When it comes to losing weight, many enthusiastic people will say eat less meat and eat less. Xiao Lin, a 27-year-old programmer in Zhejiang, did just that, and instead of losing weight, his body fat percentage increased significantly. What’s going on?

Xiao Lin, a 27-year-old programmer in Zhejiang, is 1.75 meters tall but weighs 223 pounds. In order to lose weight, Kobayashi said goodbye to the milk tea, fried chicken and barbecue that he must drink every day. Eat only fruits and vegetables and a small amount of staple foods every day, hoping to lose weight through a vegan eating pattern. But when he was re-examined three months later, the doctor found that not only did he not lose his body fat, but also increased by 2.9 kilograms. After learning about Kobayashi’s eating patterns, the nutrition doctor decided that the problem was with the recipe. Cui Wei, an intermediate dietitian at Wuhan Third Hospital: “Such a diet pattern is definitely unscientific, and excessive dieting will trigger an energy-saving model in our body.” Like the liver, it is a very important tissue for protein and fat metabolism, if we over-diet, the body will break down a large amount of fat for energy, and a large amount of free fatty acids will rush into the liver, which in turn will trigger the hoarding of triglycerides. ”

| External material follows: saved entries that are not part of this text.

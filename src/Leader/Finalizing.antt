-- ===== src/Leader/Finalizing.antt =====
-- What the leader does with a policy's finalizer.
use istio_oidc.Common.{
  String, true, false, List, [], ◌∷◌, ok, if◌then◌else◌, ◌==◌, ◌≡◌, arith, eq_iff,
}
use istio_oidc.Api.{ApiAccessPolicy}
use istio_oidc.Worker.{found}
use istio_oidc.Leader.{
  LeaderCluster, Leader, Write, update_policy, write, contains, remove, finalizer, add_finalizer,
  remove_finalizer, reconcile_leader,
}

contains-remove :
    (list : List String) (target other : String)
    → contains (remove list target) other ≡ (if target == other then false else contains list other)
unfolding contains remove
contains-remove [] target other = ground arith
contains-remove (x ∷ list) target other =
    ground (
      arith,
      contains-remove list target other,
      eq_iff x target,
      eq_iff x other,
      eq_iff target other,
    )

-- Of a policy that is being deleted and has the finalizer, the leader writes the policy back once,
-- without the finalizer and with its other finalizers, and does nothing else, where the cluster
-- accepts the write.
pub reconcile_leader-remove :
    (k : LeaderCluster) (ap : ApiAccessPolicy) (l : Leader) (other : String)
    → ap.deleting ≡ true
    → contains ap.finalizers finalizer ≡ true
    → ((w : Write) → k.accepts w ≡ true)
    → (reconcile_leader k (found ap) l ≡ (
      record l {
        writes =
            update_policy (record ap { finalizers = remove ap.finalizers finalizer }) ∷ l.writes;
      },
      ok tt,
    ))
      × (contains (remove ap.finalizers finalizer) other
          ≡ (if finalizer == other then false else contains ap.finalizers other))
unfolding reconcile_leader add_finalizer remove_finalizer write
reconcile_leader-remove k ap l other deleting has accepted = (
  ground (
    arith,
    deleting,
    has,
    accepted (update_policy (record ap { finalizers = remove ap.finalizers finalizer })),
  ),
  contains-remove ap.finalizers finalizer other,
)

In addition, the ultimate goal of weight loss is to reduce fat, and when the body metabolizes fat, it also needs one thing – protein, and Kobayashi’s diet contains very little protein. Cui Wei, an intermediate dietitian at Wuhan Third Hospital: “If our diet lacks protein, its synthesis will be affected, which will affect the transportation pathway of our fat metabolism. It will in turn lead to a fatty liver and fat accumulation and an increase in blood lipids like us.
Therefore, losing weight is not simply not eating meat and staple foods, but requires a healthy diet and nutritional matching.
The doctor recommends friends who need to lose weight to try the three-seven method to lose weight, that is, the weight loss effect depends on exercise for three points and diet for seven points.

In terms of diet, there is a 211 pattern that is more appropriate, which refers to eating two fists of vegetables at each meal, one fist of protein, and then one fist of staple food at each meal. As for the staple food, we also prefer some coarse grains, which will be more conducive to weight control and blood sugar stability. Retweet and spread and tell more people!